**Task to carry out:** In the entries below, find each line with the word "where" and pull it out.
Study material: Begin
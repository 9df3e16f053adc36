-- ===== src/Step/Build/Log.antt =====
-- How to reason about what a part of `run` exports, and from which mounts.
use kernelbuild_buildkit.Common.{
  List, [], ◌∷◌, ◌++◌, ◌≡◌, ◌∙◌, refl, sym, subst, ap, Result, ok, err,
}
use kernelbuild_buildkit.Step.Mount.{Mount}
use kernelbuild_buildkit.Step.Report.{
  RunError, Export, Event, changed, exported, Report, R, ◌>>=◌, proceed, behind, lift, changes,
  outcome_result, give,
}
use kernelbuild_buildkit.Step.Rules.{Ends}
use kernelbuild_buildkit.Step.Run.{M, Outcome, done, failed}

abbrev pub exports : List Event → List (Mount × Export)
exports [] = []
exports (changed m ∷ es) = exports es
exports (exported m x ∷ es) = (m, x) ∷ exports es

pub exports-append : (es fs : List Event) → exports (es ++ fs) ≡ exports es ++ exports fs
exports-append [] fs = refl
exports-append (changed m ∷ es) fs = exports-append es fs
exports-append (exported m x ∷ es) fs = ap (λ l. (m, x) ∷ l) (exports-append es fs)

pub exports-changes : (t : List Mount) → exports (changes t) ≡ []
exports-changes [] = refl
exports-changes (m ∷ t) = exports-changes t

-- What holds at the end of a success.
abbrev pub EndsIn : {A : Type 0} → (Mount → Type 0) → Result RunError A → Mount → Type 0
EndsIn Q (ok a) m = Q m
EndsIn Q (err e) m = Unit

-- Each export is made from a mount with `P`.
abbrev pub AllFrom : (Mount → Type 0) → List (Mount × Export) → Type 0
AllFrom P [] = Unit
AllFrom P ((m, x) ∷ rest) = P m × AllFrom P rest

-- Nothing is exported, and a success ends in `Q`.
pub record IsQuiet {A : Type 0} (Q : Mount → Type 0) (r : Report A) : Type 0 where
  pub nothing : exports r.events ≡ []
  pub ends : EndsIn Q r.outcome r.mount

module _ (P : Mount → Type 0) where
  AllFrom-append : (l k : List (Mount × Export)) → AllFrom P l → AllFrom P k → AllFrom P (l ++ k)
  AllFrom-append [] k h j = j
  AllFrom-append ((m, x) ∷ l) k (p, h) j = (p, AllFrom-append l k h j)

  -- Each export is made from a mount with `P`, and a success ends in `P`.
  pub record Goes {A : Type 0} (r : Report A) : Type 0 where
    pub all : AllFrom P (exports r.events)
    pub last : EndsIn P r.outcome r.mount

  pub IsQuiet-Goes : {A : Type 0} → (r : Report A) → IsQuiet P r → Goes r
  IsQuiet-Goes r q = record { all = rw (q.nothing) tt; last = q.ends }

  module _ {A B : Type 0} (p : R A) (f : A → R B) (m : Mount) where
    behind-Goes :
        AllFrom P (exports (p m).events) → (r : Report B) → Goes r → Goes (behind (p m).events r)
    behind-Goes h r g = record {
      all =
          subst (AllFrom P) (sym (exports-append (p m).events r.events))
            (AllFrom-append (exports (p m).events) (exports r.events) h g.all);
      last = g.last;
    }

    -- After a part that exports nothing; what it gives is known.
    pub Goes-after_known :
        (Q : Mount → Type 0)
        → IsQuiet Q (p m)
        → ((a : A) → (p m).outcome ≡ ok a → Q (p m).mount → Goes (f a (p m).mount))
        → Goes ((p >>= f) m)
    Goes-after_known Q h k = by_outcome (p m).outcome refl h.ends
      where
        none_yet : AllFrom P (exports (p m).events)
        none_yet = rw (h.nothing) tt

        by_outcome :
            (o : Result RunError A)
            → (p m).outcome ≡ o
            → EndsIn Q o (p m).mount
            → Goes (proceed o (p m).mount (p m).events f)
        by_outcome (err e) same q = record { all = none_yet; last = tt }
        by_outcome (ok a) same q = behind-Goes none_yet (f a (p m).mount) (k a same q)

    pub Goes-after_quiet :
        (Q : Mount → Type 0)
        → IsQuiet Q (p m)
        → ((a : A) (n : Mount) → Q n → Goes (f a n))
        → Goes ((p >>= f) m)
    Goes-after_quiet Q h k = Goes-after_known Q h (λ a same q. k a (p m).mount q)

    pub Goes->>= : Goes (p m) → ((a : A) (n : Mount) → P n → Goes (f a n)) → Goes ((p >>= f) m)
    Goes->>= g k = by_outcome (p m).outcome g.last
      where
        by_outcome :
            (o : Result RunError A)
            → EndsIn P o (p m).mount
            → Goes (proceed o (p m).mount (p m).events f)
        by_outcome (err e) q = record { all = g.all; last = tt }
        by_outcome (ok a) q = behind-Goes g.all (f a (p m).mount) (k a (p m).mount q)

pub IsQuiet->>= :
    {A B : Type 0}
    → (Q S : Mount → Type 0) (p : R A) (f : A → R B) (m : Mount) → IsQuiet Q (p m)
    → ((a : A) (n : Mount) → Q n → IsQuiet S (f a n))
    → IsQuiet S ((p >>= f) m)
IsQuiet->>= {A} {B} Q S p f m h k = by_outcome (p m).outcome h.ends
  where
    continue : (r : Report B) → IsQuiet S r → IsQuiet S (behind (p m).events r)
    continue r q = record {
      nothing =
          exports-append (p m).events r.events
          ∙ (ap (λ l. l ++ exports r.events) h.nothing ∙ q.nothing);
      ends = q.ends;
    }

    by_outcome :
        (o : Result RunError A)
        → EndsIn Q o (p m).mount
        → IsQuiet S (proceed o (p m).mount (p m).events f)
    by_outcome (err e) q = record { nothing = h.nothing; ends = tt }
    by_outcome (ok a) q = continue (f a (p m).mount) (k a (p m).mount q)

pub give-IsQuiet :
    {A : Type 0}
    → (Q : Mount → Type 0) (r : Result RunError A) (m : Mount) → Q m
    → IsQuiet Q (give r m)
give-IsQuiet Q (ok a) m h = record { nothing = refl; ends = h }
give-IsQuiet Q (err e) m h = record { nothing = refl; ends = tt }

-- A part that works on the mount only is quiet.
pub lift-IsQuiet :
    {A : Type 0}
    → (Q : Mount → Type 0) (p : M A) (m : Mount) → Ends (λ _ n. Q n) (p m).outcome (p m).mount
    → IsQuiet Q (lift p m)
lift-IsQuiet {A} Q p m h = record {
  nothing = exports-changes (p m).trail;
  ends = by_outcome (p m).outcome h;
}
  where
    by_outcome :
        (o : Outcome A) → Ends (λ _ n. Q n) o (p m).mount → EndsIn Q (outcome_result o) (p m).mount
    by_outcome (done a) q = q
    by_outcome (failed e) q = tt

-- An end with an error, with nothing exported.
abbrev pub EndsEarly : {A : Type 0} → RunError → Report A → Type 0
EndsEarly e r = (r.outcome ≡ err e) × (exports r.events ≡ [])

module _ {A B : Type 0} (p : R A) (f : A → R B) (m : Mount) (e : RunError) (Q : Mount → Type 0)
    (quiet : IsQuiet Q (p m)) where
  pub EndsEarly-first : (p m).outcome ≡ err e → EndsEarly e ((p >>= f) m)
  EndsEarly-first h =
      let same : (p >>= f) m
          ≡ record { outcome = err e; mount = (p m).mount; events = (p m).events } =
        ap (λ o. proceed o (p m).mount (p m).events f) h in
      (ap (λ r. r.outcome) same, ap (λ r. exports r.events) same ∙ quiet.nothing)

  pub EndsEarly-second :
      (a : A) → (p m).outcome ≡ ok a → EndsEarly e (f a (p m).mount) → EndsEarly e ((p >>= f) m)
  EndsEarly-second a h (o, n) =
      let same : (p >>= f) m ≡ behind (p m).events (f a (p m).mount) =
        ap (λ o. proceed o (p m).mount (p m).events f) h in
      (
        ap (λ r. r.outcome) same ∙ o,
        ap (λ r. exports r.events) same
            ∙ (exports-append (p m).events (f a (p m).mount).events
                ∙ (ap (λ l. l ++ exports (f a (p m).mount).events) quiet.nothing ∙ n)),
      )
Study material: End
**Answer to the problem:**
pub record IsQuiet {A : Type 0} (Q : Mount → Type 0) (r : Report A) : Type 0 where
module _ (P : Mount → Type 0) where
  pub record Goes {A : Type 0} (r : Report A) : Type 0 where
  module _ {A B : Type 0} (p : R A) (f : A → R B) (m : Mount) where
      where
      where
  where
  where
    (quiet : IsQuiet Q (p m)) where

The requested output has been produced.